It was Patty's and Conny's turn to be taken alone, but St. Ursula and her Eleven Thousand Virgins were clamoring for precedence on the ground of superior numbers, and they made such a turmoil that the two Gypsies politely stood aside.

Keren Hersey, as St. Ursula, and eleven little Junior A's—each playing the manifold part of a Thousand Virgins—made up the group. It was to be a symbolical picture, Keren explained.

When the Gypsies' turn came a second time, Patty had the misfortune to catch her dress on a nail and tear a three-cornered rent in the front. It was too large a hole for even a Gypsy to carry off with propriety; she retired to the dressing-room and fastened the edges together with white basting thread.

Finally, last of all, they presented themselves in their dirt and tatters. The photographer was an artist, and he received them with appreciative delight. The others had been patently masqueraders, but these were the real thing. He photographed them dancing, and wandering on a lonely moor with threatening canvas clouds behind them. He was about to take them in a forest, with a camp fire, and a boiling kettle slung from three sticks—when Conny suddenly became aware of a brooding quiet that had settled on the place.

"Where is everybody?"

She returned from a hasty excursion into the waiting-room, divided between consternation and laughter.

"Patty! The hearse has gone!—And the street-car people are waiting on the corner by Marsh and Elkins's."
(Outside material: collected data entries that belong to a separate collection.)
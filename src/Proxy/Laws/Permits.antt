-- ===== src/Proxy/Laws/Permits.antt =====
-- proxy/decision.go, `Decide`: the reasons for which a request is let through.
use casdoor_aiguard.Common.{
  true, false, ◌||◌, Option, none, some, List, ◌≡◌, ◌≢◌, refl, sym, ◌∙◌, ◌⊎◌, inl, inr, ◌↔◌, arith,
  Bool-cases, if◌then◌else◌,
}
use casdoor_aiguard.Common.Text.{Str, ◌==◌, eq_iff, Str-discrete}
use casdoor_aiguard.Intent.{Intent}
use casdoor_aiguard.Pdp.{Client, Network, Decision, decision_allow, pdp_decide}
use casdoor_aiguard.Policy.{
  Policy, Action, action_allow, action_deny, action_step_up, evaluate, is_recognizer_enabled,
}
use casdoor_aiguard.Proxy.Decision.{
  Exchange, build, step_up_stub, source_of, by_pdp, by_action, on_recognized, decide, pdp_action,
}
use casdoor_aiguard.Recognizers.{Recognizer, recognize_first}
use casdoor_aiguard.Settings.{Settings}

module _ (net : Network) (s : Settings) (p : Policy) (x : Exchange) (c : Client) where
  -- The reasons for which a request may pass, by what was recognized in it.
  pub data Permits : Option (Intent × Str) → Type 0 where
    unrecognized : s.intercept.passthrough_unrecognized ≡ true → Permits none
    disabled :
        (intent : Intent) (name : Str)
        → is_recognizer_enabled p name ≡ false
        → Permits (some (intent, name))
    by_rule :
        (intent : Intent) (name : Str)
        → is_recognizer_enabled p name ≡ true
        → (evaluate p intent x.host).0 ≡ action_allow
        → Permits (some (intent, name))
    by_step_up :
        (intent : Intent) (name : Str)
        → is_recognizer_enabled p name ≡ true
        → (evaluate p intent x.host).0 ≡ action_step_up
        → s.intercept.step_up_default_action ≡ action_allow
        → Permits (some (intent, name))
    by_casdoor :
        (intent : Intent) (name : Str)
        → is_recognizer_enabled p name ≡ true
        → (evaluate p intent x.host).0 ≢ action_allow
        → (evaluate p intent x.host).0 ≢ action_deny
        → (evaluate p intent x.host).0 ≢ action_step_up
        → (pdp_decide net s intent (source_of x.source) c).0.0 ≡ decision_allow
        → Permits (some (intent, name))

  -- The action of the branch on the policy's ruling, as one expression.
  by_action_lem :
      (intent : Intent) (name : Str) (out : Action × Str)
      → (by_action net s x name intent out c).0.action ≡ (
          if out.0 == action_allow || out.0 == action_deny
          then out.0
          else if out.0 == action_step_up
          then step_up_stub s
          else pdp_action (pdp_decide net s intent (source_of x.source) c).0.0)
  unfolding by_action build by_pdp
  by_action_lem intent name out = ground arith

  pdp_action_allow : (d : Decision) → pdp_action d ≡ action_allow → d ≡ decision_allow
  unfolding pdp_action
  pdp_action_allow decision_allow h = refl
  pdp_action_allow d h = cc

  step_up_stub_allow :
      step_up_stub s ≡ action_allow → s.intercept.step_up_default_action ≡ action_allow
  unfolding step_up_stub
  step_up_stub_allow h = ground (
    arith,
    eq_iff s.intercept.step_up_default_action action_allow,
    eq_iff s.intercept.step_up_default_action action_deny,
  )

  Permits-of_action :
      (intent : Intent) (name : Str)
      → is_recognizer_enabled p name ≡ true
      → (by_action net s x name intent (evaluate p intent x.host) c).0.action ≡ action_allow
      → Permits (some (intent, name))
  Permits-of_action intent name on h =
      let a = (evaluate p intent x.host).0 in
      let q = sym (by_action_lem intent name (evaluate p intent x.host)) ∙ h in
      elim (Str-discrete a action_allow) [
        | yes e ↦ by_rule intent name on e
        | no na ↦ elim (Str-discrete a action_step_up) [
          | yes e ↦ by_step_up intent name on e (
              step_up_stub_allow (
                ground
                  (arith, eq_iff a action_allow, eq_iff a action_deny, eq_iff a action_step_up)))
          | no ns ↦ elim (Str-discrete a action_deny) [
            | yes e ↦ absurd (ground (arith, eq_iff a action_deny))
            | no nd ↦ by_casdoor intent name on na nd ns (
                pdp_action_allow _ (
                  ground
                    (arith, eq_iff a action_allow, eq_iff a action_deny, eq_iff a action_step_up)))
          ]
        ]
      ]

  action_of_Permits :
      (o : Option (Intent × Str))
      → Permits o
      → (on_recognized net s p x o c).0.action ≡ action_allow
  unfolding on_recognized build
  action_of_Permits none (unrecognized e) = rw e
  action_of_Permits (some (intent, name)) (disabled i n e) = rw e
  action_of_Permits (some (intent, name)) (by_rule i n on e) = rw on (
      by_action_lem intent name (evaluate p intent x.host)
      ∙ ground (arith, eq_iff (evaluate p intent x.host).0 action_allow))
  action_of_Permits (some (intent, name)) (by_step_up i n on e d) = rw on (
      by_action_lem intent name (evaluate p intent x.host)
      ∙ unfold step_up_stub in
        ground (
          arith,
          eq_iff (evaluate p intent x.host).0 action_allow,
          eq_iff (evaluate p intent x.host).0 action_deny,
          eq_iff (evaluate p intent x.host).0 action_step_up,
          eq_iff s.intercept.step_up_default_action action_allow,
        ))
  action_of_Permits (some (intent, name)) (by_casdoor i n on na nd ns d) = rw on (
      by_action_lem intent name (evaluate p intent x.host)
      ∙ unfold pdp_action in
        ground (
          arith,
          eq_iff (evaluate p intent x.host).0 action_allow,
          eq_iff (evaluate p intent x.host).0 action_deny,
          eq_iff (evaluate p intent x.host).0 action_step_up,
        ))

  Permits-of_on_recognized :
      (o : Option (Intent × Str))
      → (on_recognized net s p x o c).0.action ≡ action_allow
      → Permits o
  unfolding on_recognized build
  Permits-of_on_recognized none h = unrecognized (ground arith)
  Permits-of_on_recognized (some (intent, name)) h =
      elim (Bool-cases (is_recognizer_enabled p name)) [
        | inl on ↦ Permits-of_action intent name on (rw (on, on_recognized) at h)
        | inr off ↦ disabled intent name off
      ]

  action_two :
      (o : Option (Intent × Str))
      → ((on_recognized net s p x o c).0.action ≡ action_allow)
        ⊎ ((on_recognized net s p x o c).0.action ≡ action_deny)
  unfolding on_recognized build step_up_stub pdp_action
  action_two none = ground arith
  action_two (some (intent, name)) = ground (
    arith,
    by_action_lem intent name (evaluate p intent x.host),
    eq_iff (evaluate p intent x.host).0 action_allow,
    eq_iff (evaluate p intent x.host).0 action_deny,
    eq_iff s.intercept.step_up_default_action action_allow,
    eq_iff s.intercept.step_up_default_action action_deny,
  )

-- `Decide` lets a request through exactly when one of these holds: nothing is recognized in it and
-- unrecognized traffic passes; its recognizer is switched off; the policy's ruling is "allow"; the
-- ruling is "step-up" and pending step-ups default to allow; or the ruling is none of allow, deny
-- and step-up, and Casdoor's client says allow. Otherwise its action is "deny": there is no third.
pub decide-allow_iff :
    (registry : List Recognizer) (net : Network) (s : Settings) (p : Policy) (x : Exchange)
    (c : Client)
    → (((decide registry net s p x c).0.action ≡ action_allow)
        ↔ Permits net s p x c (recognize_first registry x.host x.request x.body))
      × (((decide registry net s p x c).0.action ≡ action_allow)
          ⊎ ((decide registry net s p x c).0.action ≡ action_deny))
unfolding decide
decide-allow_iff registry net s p x c =
    let o = recognize_first registry x.host x.request x.body in
    (
      (Permits-of_on_recognized net s p x c o, action_of_Permits net s p x c o),
      action_two net s p x c o,
    )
"Oh, the beasts! They knew we were in here." Patty dropped her three sticks and rose precipitately. "Sorry!" she called to the photographer, who was busily dusting off the kettle. "We've got to run for it."

"And we haven't any coats!" wailed Conny. "Miss Wadsworth won't take us in the car in these clothes."

"She'll have to," said Patty simply. "She can't leave us on the corner."

They clattered downstairs, but wavered an instant in the friendly darkness of the doorway; there was no time, however, for maidenly hesitations, and taking their courage in both hands, they plunged into the Saturday afternoon crowd that thronged Main Street.

"Oh, Mama! Quick! Look at the Gypsies," a little boy squealed as the two pushed past.

"Heavens!" Conny whispered. "I feel like a circus parade."

"Hurry!" Patty panted, taking her by the hand and beginning to run. "The car's stopped and they're getting in—Wait! Wait!" She frenziedly waved the tambourine above her head.

An express wagon at the crossing blocked their progress. The last of the Eleven Thousand Virgins climbed aboard, without once glancing over her shoulder; and the car, unheeding, clanged away, and became a yellow spot in the distance. The two Gypsies stood on the corner and stared at one another in blank interrogation.

"I haven't a cent—have you?"

"Not one."

"How are we going to get home?"

"I haven't an idea."

Patty felt her elbow jostled. She turned to find young John Drew Dominick Murphy, a protege of the school, and an intimate acquaintance of her own, regarding her with impish delight.

"Hey, youse! Give us a song and dance."

"At least our friends don't recognize us," said Conny, drawing what comfort she could from her incognito.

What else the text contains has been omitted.